One of the most understudied aspects of the American Civil War is how it played out overseas. In regards to Antietam and the Maryland Campaign in particular, the strategic impact that battles had on international affairs is blatantly clear. One of my favorite quotes about Antietam comes from George Stevens, a surgeon with the 77th New York. When describing the Antietam landscape after the war, Stevens could not fathom how such a peaceful place became the scene of "one of the grand battles which would decide the march of events in the history, not only of our own country, but of the world...."

One of the books in my possession that I value quite highly is a volume of the Messages and Papers of the Confederacy. There is a treasure trove of information in this book, and a good deal of it has to do with diplomatic affairs during 1862. One of the letters that stood out quite dramatically when I was reading through this volume the other day is an exchange between Confederate diplomat James M. Mason and Confederate Secretary of State Judah Benjamin. On September 18, the day following Antietam, Mason wrote to Benjamin to apprise him of the effect that the Confederate successes of 1862 were having in Europe. The following is a portion of that letter:


I have heard from one or two accredited quarters that this question (recognition) is again to come under the consideration of the British Cabinet in October, and the same report has reached Mr. Slidell.

In this posture of affairs, I can but hope that the reconsideration of the British Cabinet is brought about at the instance of the Emperor (Napoleon III, Emperor of France); and if this is so, I have little doubt that a favorable response will be strongly pressed upon it by him.

There is no doubt but the Emperor is both willing and anxious to recognize our independence, and seems so to declare himself without reserve. I had a note the other day from an English gentleman of high position, who told me that he had just seen the Emperor at Chalons, and who told him in conversation that he was, and had been for some time, ready to recognize us, and spoke rather impatiently of the opposite disposition of the British Government....

We are all much cheered and elated here at the signal successes of our arms in the series of battles reported from the Rappahanock to the Potomac lines opposite Washington, followed up by an arrival yesterday announcing that our forces had crossed into Maryland. We have only the Northern accounts, but even they are full to show that our victories have been complete, and the enemy both routed and disorganized. At this distance, and without the power to aid, I am filled with emotions of gratitude to those by whose counsels and whose courage such great events have been brought about. I look with renewed confidence to the effect which they must produce on the pending decision of the Emperor as to recognition.

(James Mason to Benjamin Judah, September 18, 1862, in Messages and Papers of the Confederacy, ed. James Richardson, Vol. II, Nashville: United States Publishing Company, 1906, 316-7.)

When Mason wrote this letter, he had yet to receive news of what had occurred the day before in Western Maryland. Many historians agree that had Lee won at Antietam, both England and France would have recognized the Confederacy as an independent nation. Europe loved American cotton, and laborers in factories and textile mills required it for their own livelihoods. European recognition most likely would not have come in the form of an international war being fought on American soil, but it would lead to financial, diplomatic, and political support. With these things considered, the dark days of 1862 could have been even darker for Union forces with Europe firmly on the side of the Confederacy.

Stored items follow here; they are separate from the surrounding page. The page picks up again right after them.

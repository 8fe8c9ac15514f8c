-- ===== src/Authd/Locked.antt =====
-- The lock of the session, for the daemon that `main` of cmd/opx-authd/main.go makes.
use mathlib.Core.Path.{subst}
use opx.Prelude.{◌≡◌, if◌then◌else◌, refl, sym, true, Option, none, some, List}
use opx.Prelude.Int.{wrap64, ◌*ℤ◌}
use opx.Prelude.Bytes.{codes, ◌=ᵇ◌}
use opx.Session.Config.{second}
use opx.Session.Manager.{new_manager}
use opx.Audit.Logger.{Logger}
use opx.Backend.Vault.{Server as VaultServer}
use opx.Daemon.{Daemon, Op, session_aware, plain_op_cli, new_session_aware_op_cli}
use opx.Daemon.Start.{make_backend, op_cli_backend, with_manager}
use opx.Server.{Server}
use opx.Server.Locked.Histories.{Event, history, started, IsLockedEmpty, history-IsLockedEmpty}
use opx.Authd.{
  Flags, Host, Progress, serves, session_config, session_manager, audit_logger, with_logger,
  with_backend, opx_authd, with_callbacks, in_serve,
}

module _ {E : Type 0} (op : Op E) (vaults : Daemon E → VaultServer) (flags : Flags)
    (host : Host E) where
  -- What `main` makes for the backend of `op` with a session manager.
  abbrev IsOpCli : Progress E → Type 0
  IsOpCli (serves s d) =
      (s.backend ≡ session_aware (plain_op_cli op))
      × (in_serve op d
          ≡ started op (some (session_config op vaults flags host)) host.now
              (wrap64 (flags.ttl_sec *ℤ second)) host.outside)
  IsOpCli _ = Unit {0}

  with_logger-IsOpCli :
      (logger : Option Logger)
      → IsOpCli (
          with_logger op vaults flags host
            (op_cli_backend op host.sha256 vaults
              (some (new_manager (some (session_config op vaults flags host)) host.now)))
            logger)
  unfolding with_logger op_cli_backend with_manager new_session_aware_op_cli in_serve with_callbacks
      started
  with_logger-IsOpCli none = tt
  with_logger-IsOpCli (some logger) = (refl, refl)

  opx_authd-IsOpCli :
      flags.backend_name ≡ codes "opcli"
      → flags.session.enable_session_lock ≡ true
      → IsOpCli (opx_authd op vaults flags host)
  unfolding opx_authd with_backend make_backend session_manager ◌=ᵇ◌
  opx_authd-IsOpCli name enabled =
      let m = new_manager (some (session_config op vaults flags host)) host.now in
      subst
        (λ x. IsOpCli (
          with_backend op vaults flags host
            (make_backend op host.sha256 vaults x (session_manager op vaults flags host))))
        (sym name)
        (subst
          (λ b. IsOpCli (
            with_backend op vaults flags host
              (make_backend op host.sha256 vaults (codes "opcli") (if b then some m else none))))
          (sym enabled) (with_logger-IsOpCli (audit_logger op vaults flags host).0.0))

  -- The daemon that `main` makes for `-backend=opcli` with the session lock enabled has, from the start of `Serve`
  -- on and after every sequence of reads, unlocks, checks of the monitor and clean-ups of the cache, each run to its
  -- end before the next, a session that is authenticated or an empty cache.
  pub opx_authd-IsLockedEmpty :
      (s : Server E) (d : Daemon E) (es : List Event)
      → flags.backend_name ≡ codes "opcli"
      → flags.session.enable_session_lock ≡ true
      → opx_authd op vaults flags host ≡ serves s d
      → let d' = history s (in_serve op d) es in IsLockedEmpty op d'.session d'.world
  opx_authd-IsLockedEmpty s d es name enabled made =
      let (aware, begun) = subst IsOpCli made (opx_authd-IsOpCli name enabled) in
      rw begun (
        history-IsLockedEmpty op s (some (session_config op vaults flags host)) host.now
          (wrap64 (flags.ttl_sec *ℤ second)) host.outside es aware)
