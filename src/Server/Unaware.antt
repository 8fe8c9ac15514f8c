-- ===== src/Server/Unaware.antt =====
-- The reads of a server whose backend is not session-aware: they do not look at the session.
use opx.Prelude.{◌≡◌, refl, ap, ◌∙◌, Bool, true, false, Option, none, some, List}
use opx.Prelude.Int.{ℤ}
use opx.Prelude.Bytes.{Bytes}
use opx.Cache.{Found, get, inc_miss, inc_in_flight}
use opx.Session.Manager.{Manager}
use opx.Security.{PeerInfo}
use opx.Audit.Events.{AuditEvent}
use opx.Policy.{allowed}
use opx.Protocol.{ReadResponse}
use opx.Backend.{Result, ok, err, Backend}
use opx.Daemon.{World, Daemon}
use opx.Server.{
  Server, Clock, cache_key, on_cache, log_event, validate_access, check_access, store_result,
  subject_of, fly_found, fly, leaving, read_found, read_granted, read_one_with_flags,
}

module _ {E : Type 0} (m : Option (Manager (World E))) where
  -- A daemon with another session.
  abbrev pub with_session : Daemon E → Daemon E
  with_session d = record d { session = m }

  abbrev pub carry : {A : Type 0} → A × Daemon E → A × Daemon E
  carry (a, d) = (a, with_session d)

  -- A backend that neither looks at the session nor changes it.
  abbrev pub IsUnaware : Backend (Daemon E) → Type 0
  IsUnaware b =
      (ref : Bytes) (flags : List Bytes) (now : ℤ) (d : Daemon E)
      → b.read_ref_with_flags ref flags now (with_session d)
        ≡ carry (b.read_ref_with_flags ref flags now d)

  module _ (s : Server E) (unaware : IsUnaware s.backend) where
    store-carry :
        (key ref : Bytes) (t : Clock) (r : Result Bytes × Daemon E)
        → store_result key ref t (carry r) ≡ carry (store_result key ref t r)
    unfolding store_result on_cache
    store-carry key ref t (err e, d) = refl
    store-carry key ref t (ok v, d) = refl

    fly-carry :
        (key ref : Bytes) (flags : List Bytes) (t : Clock) (d : Daemon E) (o : Option Found)
        → fly_found s key ref flags t (with_session d) o ≡ carry (fly_found s key ref flags t d o)
    unfolding fly_found on_cache
    fly-carry key ref flags t d (some r) = refl
    fly-carry key ref flags t d none =
        ap (store_result key ref t) (unaware ref flags t.called d)
        ∙ store-carry key ref t (s.backend.read_ref_with_flags ref flags t.called d)

    leaving-carry : (r : Result ReadResponse × Daemon E) → leaving (carry r) ≡ carry (leaving r)
    unfolding leaving on_cache
    leaving-carry (r, d) = refl

    found-carry :
        (key ref : Bytes) (flags : List Bytes) (t : Clock) (d : Daemon E) (o : Option Found)
        → read_found s key ref flags t (with_session d) o ≡ carry (read_found s key ref flags t d o)
    unfolding read_found fly on_cache
    found-carry key ref flags t d (some r) = refl
    found-carry key ref flags t d none =
        let entered = on_cache (λ c. inc_in_flight (inc_miss c)) d in
        ap leaving (fly-carry key ref flags t entered (get entered.world.cache key t.looked_again))
        ∙ leaving-carry (fly s key ref flags t entered)

    granted-carry :
        (ref : Bytes) (flags : List Bytes) (t : Clock) (r : Bool × Daemon E)
        → read_granted s ref flags t (carry r) ≡ carry (read_granted s ref flags t r)
    unfolding read_granted
    granted-carry ref flags t (false, d) = refl
    granted-carry ref flags t (true, d) =
        found-carry (cache_key ref flags) ref flags t d
          (get d.world.cache (cache_key ref flags) t.looked_up)

    log-carry :
        (e : Option AuditEvent) (d : Daemon E)
        → log_event e (with_session d) ≡ with_session (log_event e d)
    unfolding log_event
    log-carry none d = refl
    log-carry (some e) d = refl

    check-carry :
        (peer : Option PeerInfo) (ref : Bytes) (now : ℤ) (d : Daemon E)
        → check_access s peer ref now (with_session d) ≡ carry (check_access s peer ref now d)
    unfolding check_access validate_access
    check-carry none ref now d = refl
    check-carry (some peer) ref now d =
        let answer = allowed s.sha256 s.policy (subject_of peer) ref in
        ap (λ (d' : Daemon E). (answer, d')) (log-carry _ d)

    -- A read gives the same, and leaves the same but for the session, whatever the session is.
    pub read-carry :
        (peer : Option PeerInfo) (ref : Bytes) (flags : List Bytes) (t : Clock) (d : Daemon E)
        → read_one_with_flags s peer ref flags t (with_session d)
          ≡ carry (read_one_with_flags s peer ref flags t d)
    unfolding read_one_with_flags
    read-carry peer ref flags t d =
        ap (read_granted s ref flags t) (check-carry peer ref t.decided d)
        ∙ granted-carry ref flags t (check_access s peer ref t.decided d)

Yet, with Lee's defeat and subsequent retreat from Maryland, events turned back in favor of the Union armies, stymieing European desires for recognition. The resulting Emancipation Proclamation was yet another nail in the coffin of European recognition. The case for Antietam's international impact is clear; it was a failed Saratoga for Robert E. Lee. Should Lee have won in Maryland, England and France were poised and ready for recognition and possible financial alliance. The Confederacy would never again come as close to gaining the international recognition and legitimacy that they so craved as they had come in the pivotal month of September, 1862.

Monday, June 20, 2011

"He performed all the duties required of him as a soldier promptly and cheerfully."

Sorry for the paucity of posts on here as of late. It has been a busy few weeks for me, and I hope to get back to posting regularly on here in the weeks to come.

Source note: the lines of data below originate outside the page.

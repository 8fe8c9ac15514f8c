-- ===== src/Authd/Unaware.antt =====
-- The session lock of a daemon over Vault, OpenBao or several backends.
use mathlib.Core.Path.{subst}
use opx.Prelude.{◌≡◌, refl, sym, Option, none, some, List}
use opx.Prelude.Int.{ℤ}
use opx.Prelude.Bytes.{Bytes, codes, ◌=ᵇ◌}
use opx.Audit.Logger.{Logger}
use opx.Session.Manager.{Manager}
use opx.Security.{PeerInfo}
use opx.Backend.{Result, ok, err, Backend}
use opx.Backend.OpCli.{op_cli, run_op, op_args}
use opx.Backend.Multi.{multi as multi_of, read_from, get_backend_for_ref, get_backend_any}
use opx.Backend.Vault.{vault as vault_of, bao as bao_of, Server as VaultServer}
use opx.Daemon.{World, Daemon, Op, plain_op_cli, on_outside}
use opx.Daemon.Start.{make_backend, multi_backend, vault_config, bao_config}
use opx.Server.{Server, Clock, read_one_with_flags}
use opx.Server.Unaware.{with_session, carry, IsUnaware, read-carry}
use opx.Authd.{Flags, Host, Progress, serves, session_manager, with_logger, with_backend, opx_authd}

-- The backends that the flag names without a wrapper around them.
pub data Plain : Type 0 where
  vault bao multi : Plain

abbrev pub plain_name : Plain → Bytes
plain_name vault = codes "vault"
plain_name bao = codes "bao"
plain_name multi = codes "multi"

module _ {E : Type 0} (op : Op E) (sha256 : Bytes → Bytes) (vaults : Daemon E → VaultServer)
    (m : Option (Manager (World E)))
    (blind : (d : Daemon E) → vaults (with_session m d) ≡ vaults d) where
  vault-IsUnaware : IsUnaware m (vault_of vaults vault_config)
  unfolding vault_of
  vault-IsUnaware ref flags now d = rw (blind d) refl

  bao-IsUnaware : IsUnaware m (bao_of vaults bao_config)
  unfolding bao_of
  bao-IsUnaware ref flags now d = rw (blind d) refl

  op_cli-IsUnaware : IsUnaware m (plain_op_cli op)
  unfolding plain_op_cli op_cli
  op_cli-IsUnaware ref flags now d = go (op_args ref flags)
    where
      go :
          (r : Result (List Bytes))
          → run_op (on_outside op) r (with_session m d) ≡ carry m (run_op (on_outside op) r d)
      go (err e) = refl
      go (ok args) = refl

  abbrev Unaware : Option (Backend (Daemon E)) → Type 0
  Unaware none = Unit {0}
  Unaware (some b) = IsUnaware m b

  from-IsUnaware :
      (b : Option (Backend (Daemon E)))
      → Unaware b
      → (ref : Bytes) (flags : List Bytes) (now : ℤ) (d : Daemon E)
      → read_from b ref flags now (with_session m d) ≡ carry m (read_from b ref flags now d)
  unfolding read_from
  from-IsUnaware none u ref flags now d = refl
  from-IsUnaware (some b) u ref flags now d = u ref flags now d

  multi-IsUnaware : IsUnaware m (multi_of (multi_backend op sha256 vaults))
  unfolding multi_of multi_backend
  multi-IsUnaware ref flags now d =
      from-IsUnaware (get_backend_for_ref (multi_backend op sha256 vaults) ref)
        (get_backend_any Unaware (multi_backend op sha256 vaults) ref op_cli-IsUnaware
          vault-IsUnaware bao-IsUnaware tt)
        ref flags now d

module _ {E : Type 0} (op : Op E) (vaults : Daemon E → VaultServer) (flags : Flags) (host : Host E)
    (m : Option (Manager (World E)))
    (blind : (d : Daemon E) → vaults (with_session m d) ≡ vaults d) where
  abbrev Serves : Progress E → Type 0
  Serves (serves s d) = IsUnaware m s.backend
  Serves _ = Unit {0}

  with_logger-Serves :
      (b : Backend (Daemon E)) (m' : Option (Manager (World E))) (logger : Option Logger)
      → IsUnaware m b
      → Serves (with_logger op vaults flags host (m', b) logger)
  unfolding with_logger
  with_logger-Serves b m' none u = tt
  with_logger-Serves b m' (some logger) u = u

  named-Serves :
      (p : Plain)
      → Serves (
          with_backend op vaults flags host (
            make_backend op host.sha256 vaults
              (plain_name p)
              (session_manager op vaults flags host)))
  unfolding make_backend with_backend ◌=ᵇ◌
  named-Serves vault = with_logger-Serves _ _ _ (vault-IsUnaware op host.sha256 vaults m blind)
  named-Serves bao = with_logger-Serves _ _ _ (bao-IsUnaware op host.sha256 vaults m blind)
  named-Serves multi = with_logger-Serves _ _ _ (multi-IsUnaware op host.sha256 vaults m blind)

  -- The reads of the daemon that `main` makes for `-backend=vault`, `-backend=bao` or `-backend=multi` do not
  -- depend on the session, also where the session lock is enabled: with any session, locked or not, a read
  -- gives the same, and leaves the same but for the session. What answers for Vault and OpenBao is taken not to
  -- depend on the session of the daemon.
  pub opx_authd-reads_locked :
      (p : Plain) (s : Server E) (d0 : Daemon E)
      → flags.backend_name ≡ plain_name p
      → opx_authd op vaults flags host ≡ serves s d0
      → (peer : Option PeerInfo) (ref : Bytes) (args : List Bytes) (t : Clock) (d : Daemon E)
      → read_one_with_flags s peer ref args t (with_session m d)
        ≡ carry m (read_one_with_flags s peer ref args t d)
  unfolding opx_authd
  opx_authd-reads_locked p s d0 name made peer ref args t d =
      let unaware : Serves (opx_authd op vaults flags host) =
        subst
          (λ x. Serves (
            with_backend op vaults flags host
              (make_backend op host.sha256 vaults x (session_manager op vaults flags host))))
          (sym name) (named-Serves p) in
      read-carry m s (subst Serves made unaware) peer ref args t d
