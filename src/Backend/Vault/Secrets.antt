-- ===== src/Backend/Vault/Secrets.antt =====
-- What the Vault backend returns for a secret.
use opx.Prelude.{◌≡◌, ◌≢◌, refl, none, some, [], ◌++◌, arith}
use opx.Prelude.Int.{ℤ, pos, ◌+ℤ◌, ◌≤ℤ◌, ◌<ℤ◌}
use opx.Prelude.Bytes.{Bytes, codes, =ᵇ_ne}
use opx.Backend.{ok, err, no_data_field}
use opx.Backend.Vault.{
  Server, VaultConfig, VaultSecret, member, extract, in_data, vault_read, parse_vault_uri,
  read_secret, ensure_authenticated,
}

-- A token that is set, with a positive time to live, is taken for valid at every time, without a
-- request, however long ago it was given out.
pub token_never_expires :
    (srv : Server) (c : VaultConfig) (now now' : ℤ)
    → c.token ≢ []
    → pos 0 <ℤ c.token_ttl
    → now ≤ℤ now'
    → ensure_authenticated srv c now now' ≡ ok tt
unfolding ensure_authenticated ◌+ℤ◌
token_never_expires srv c now now' ne h le = rw (=ᵇ_ne c.token [] ne) (ground arith)

-- Where a server answers a read with a secret, and the data of the secret has no member
-- `data`, no field of it is found, whatever the field is.
pub field_not_read :
    (srv : Server) (c : VaultConfig) (path f ref body : Bytes) (s : VaultSecret) (now now' : ℤ)
    → parse_vault_uri ref ≡ ok (path, f)
    → f ≢ []
    → ensure_authenticated srv c now now' ≡ ok tt
    → srv.fetch (c.address ++ (codes "/v1/" ++ path)) c.token c.namespace ≡ some (200, body)
    → srv.decode body ≡ some (some s)
    → member (codes "data") s.secret_data ≡ none
    → vault_read srv c ref now now' ≡ err no_data_field
unfolding vault_read
field_not_read srv c path f ref body s now now' p ne a r d m =
    rw (p, a, read_lem) (unfold extract in_data in rw (=ᵇ_ne f [] ne, m))
  where
    read_lem : read_secret srv c path ≡ ok s
    read_lem = unfold read_secret in rw (r) (rw d refl)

I wanted to take a few minutes this morning to post one of the many documents I have about Elwood Rodebaugh. Among the many pension papers that I have in my posession regarding Elwood's death is a series of letters and affadavits from Elwood's company captain, William Jones, as well as a few members of his regiment. These documents shed some additional details on who Elwood was, how he died, and what happened to his remains. The following is a scan of one of those letters, this one written by Captain William Jones. There is no date listed, but based on the other documents I have, I assume it was written sometime in late 1863. Could it mean that Josephine did not definitively know about Elwood's death until a year after it happened? Quite possibly, but without further documentation, it is impossible to say for sure. Elwood was initially listed as missing from the ranks of the 106th PA, and it was only assumed that he was dead. Most likely, this letter was an attempt to officially move Elwood from the number of missing to the listing of those killed at Antietam. Below the image of the document I have a transcription which is a bit easier to read.

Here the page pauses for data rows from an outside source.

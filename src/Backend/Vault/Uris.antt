-- ===== src/Backend/Vault/Uris.antt =====
-- The references of Vault and OpenBao, read and written.
use opx.Prelude.{◌≡◌, ◌≢◌, ◌∙◌, refl, [], ◌∷◌, ◌++◌}
use opx.Prelude.Bytes.{Bytes, codes, =ᵇ_ne}
use opx.Strings.{split_two}
use opx.Strings.Laws.{Lacks, trim_prefix-append, split_two-append, split_two_absent}
use opx.Backend.{ok}
use opx.Backend.Vault.{parse_vault_uri, parts_of, to_vault_uri}

-- The reference to a field of a secret; an empty field stands for the whole of it.
abbrev pub vault_uri : Bytes → Bytes → Bytes
vault_uri path [] = codes "vault://" ++ path
vault_uri path (c ∷ f) = codes "vault://" ++ (path ++ b'#' ∷ c ∷ f)

after_prefix :
    (rest : Bytes) → parse_vault_uri (codes "vault://" ++ rest) ≡ parts_of (split_two b'#' rest)
unfolding parse_vault_uri
after_prefix rest = rw (trim_prefix-append (codes "vault://") rest) refl

-- A reference that is written from a path and a field is read back, for a path that is not empty
-- and has no `#`.
pub parse-vault_uri :
    (path f : Bytes)
    → path ≢ []
    → Lacks b'#' path
    → parse_vault_uri (vault_uri path f) ≡ ok (path, f)
parse-vault_uri path [] ne h =
    after_prefix path ∙ rw (split_two_absent b'#' path h) (unfold parts_of in rw (=ᵇ_ne path [] ne))
parse-vault_uri path (c ∷ f) ne h =
    after_prefix (path ++ b'#' ∷ c ∷ f)
    ∙ rw (split_two-append b'#' path (c ∷ f) h) (unfold parts_of in rw (=ᵇ_ne path [] ne))

-- An OpenBao reference is read as the Vault reference with the same rest.
pub parse-bao :
    (rest : Bytes)
    → parse_vault_uri (to_vault_uri (codes "bao://" ++ rest))
      ≡ parse_vault_uri (codes "vault://" ++ rest)
unfolding to_vault_uri
parse-bao rest = rw (trim_prefix-append (codes "bao://") rest) refl
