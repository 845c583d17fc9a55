-- ===== src/Index/LangSet.antt =====
-- `cache_outdated_for_lang_set` of crates/ga-index/src/metadata.rs: whether a cache covers the
-- languages of its repository. A hash set is a list without repetitions; the answers are sorted.
pub mod Covers
use Prim.Native.String.{compare as compare_texts}
use text.Mathlib.Text.{is_le}
use graphatlas.Prelude.{
  ℕ, ◌==◌, Bool, true, false, not, ◌&&◌, List, [], ◌∷◌, any, Option, none, some, if◌then◌else◌,
}
use graphatlas.Core.{
  Lang, python, typescript, javascript, go, rust, java, kotlin, csharp, ruby, php, as_str,
}

-- The reason that is printed, with its languages.
pub data Outdated : Type 0 where
  downgrade pre_v1_2 upgrade : List Lang → Outdated

abbrev pub pre_fingerprint_baseline : List Lang
pre_fingerprint_baseline =
    python ∷ typescript ∷ javascript ∷ go ∷ rust ∷ java ∷ kotlin ∷ csharp ∷ ruby ∷ []

-- The place in the enumeration, by which two languages are compared.
abbrev pub rank : Lang → ℕ
rank python = 0
rank typescript = 1
rank javascript = 2
rank go = 3
rank rust = 4
rank java = 5
rank kotlin = 6
rank csharp = 7
rank ruby = 8
rank php = 9

abbrev pub has : List Lang → Lang → Bool
has ls l = any (λ k. rank k == rank l) ls

-- `iter().copied().collect()` into a set.
abbrev pub to_set : List Lang → List Lang
to_set [] = []
to_set (l ∷ ls) = let rest = to_set ls in if has rest l then rest else l ∷ rest

abbrev pub filter : (Lang → Bool) → List Lang → List Lang
filter p [] = []
filter p (l ∷ ls) = let rest = filter p ls in if p l then l ∷ rest else rest

abbrev pub difference : List Lang → List Lang → List Lang
difference a b = filter (λ l. not (has b l)) a

abbrev pub intersection : List Lang → List Lang → List Lang
intersection a b = filter (λ l. has b l) a

abbrev pub insert_lang : Lang → List Lang → List Lang
insert_lang l [] = l ∷ []
insert_lang l (k ∷ ks) =
    let rest = insert_lang l ks in
    if is_le (compare_texts (as_str l) (as_str k)) then l ∷ (k ∷ ks) else k ∷ rest

-- `sort_by_key(|l| l.as_str())`.
abbrev pub sort_langs : List Lang → List Lang
sort_langs [] = []
sort_langs (l ∷ ls) = insert_lang l (sort_langs ls)

unfoldable pub effective_cache : List Lang → List Lang
effective_cache [] = to_set pre_fingerprint_baseline
effective_cache (l ∷ ls) = to_set (l ∷ ls)

abbrev pub upgrade_reason : List Lang → List Lang → Outdated
upgrade_reason [] trigger = pre_v1_2 trigger
upgrade_reason (l ∷ ls) trigger = upgrade trigger

-- Where nothing was dropped: the new languages of the engine, and those in the repository.
unfoldable pub upgrade_gap : List Lang → List Lang → List Lang → Option Outdated
upgrade_gap cache_langs [] repo = none
upgrade_gap cache_langs (n ∷ ns) repo = elim (sort_langs (intersection (n ∷ ns) repo)) [
  | [] ↦ none
  | t ∷ ts ↦ some (upgrade_reason cache_langs (t ∷ ts))
]

unfoldable pub cache_outdated_for_lang_set : List Lang → List Lang → List Lang → Option Outdated
unfolding effective_cache upgrade_gap
cache_outdated_for_lang_set cache_langs engine_langs repo_langs =
    let cache = effective_cache cache_langs in
    let engine = to_set engine_langs in
    elim (sort_langs (difference cache engine)) [
      | d ∷ ds ↦ some (downgrade (d ∷ ds))
      | [] ↦ upgrade_gap cache_langs (difference engine cache) (to_set repo_langs)
    ]
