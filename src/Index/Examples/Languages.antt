-- ===== src/Index/Examples/Languages.antt =====
-- An old cache without a fingerprint beside a repository with PHP files.
use graphatlas.Prelude.{true, List, [], ◌∷◌, none, ◌≡◌, ◌↔◌}
use graphatlas.Core.{Lang, php, all_langs}
use graphatlas.Index.LangSet.{has, cache_outdated_for_lang_set}
use graphatlas.Index.LangSet.Covers.{covers, cache_outdated_for_lang_set-none}

abbrev no_fingerprint : List Lang
no_fingerprint = []

abbrev repo_langs : List Lang
repo_langs = php ∷ []

cache_outdated_for_lang_set-none_example :
    (cache_outdated_for_lang_set no_fingerprint all_langs repo_langs ≡ none) ↔ (
      ((l : Lang) → covers no_fingerprint l ≡ true → has all_langs l ≡ true)
      × ((l : Lang)
          → has all_langs l ≡ true
          → has repo_langs l ≡ true
          → covers no_fingerprint l ≡ true))
cache_outdated_for_lang_set-none_example =
    cache_outdated_for_lang_set-none no_fingerprint all_langs repo_langs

Also, I am working on adding an additional page to this blog that will serve as a biography for Elwood. I plan on posting this document, as well as others, on that page. More on that to come in the future...





I hereby certify on honor that Private Elwood Rodebaugh was a member of Company D, 106th P.V.. That he volunteered on the 26th day of August, A.D. 1861, and from the period of his enlistment up to the battle of Antietam, September 17, 1862, he performed all the duties required of him as a soldier promptly and cheerfully. That he participated in the following battle with unflinching bravery to wit. The siege of Yorktown, Battle of Fair Oaks, Peach Orchard, Savage Stations (where he was wounded yet remained on the field throughout the fight), Glendale, First and Second Battles of Malvern Hill, Second Bull Run, and Antietam at which last named battle I last saw him at the time the division was flanked and compelled to retreat. He had faithfully performed his whole duty on that day up to the time I last saw him. The Company retreated under a galling by which many were killed. The said Rodebaugh had shaven off a very heavy set of whiskers only a few days before the battle and would not have been readily recognized. I truly believe he was killed while in the performance of his duty and not recognized by the burial parties and I have reported him missing in battle and supposed to be killed on the field.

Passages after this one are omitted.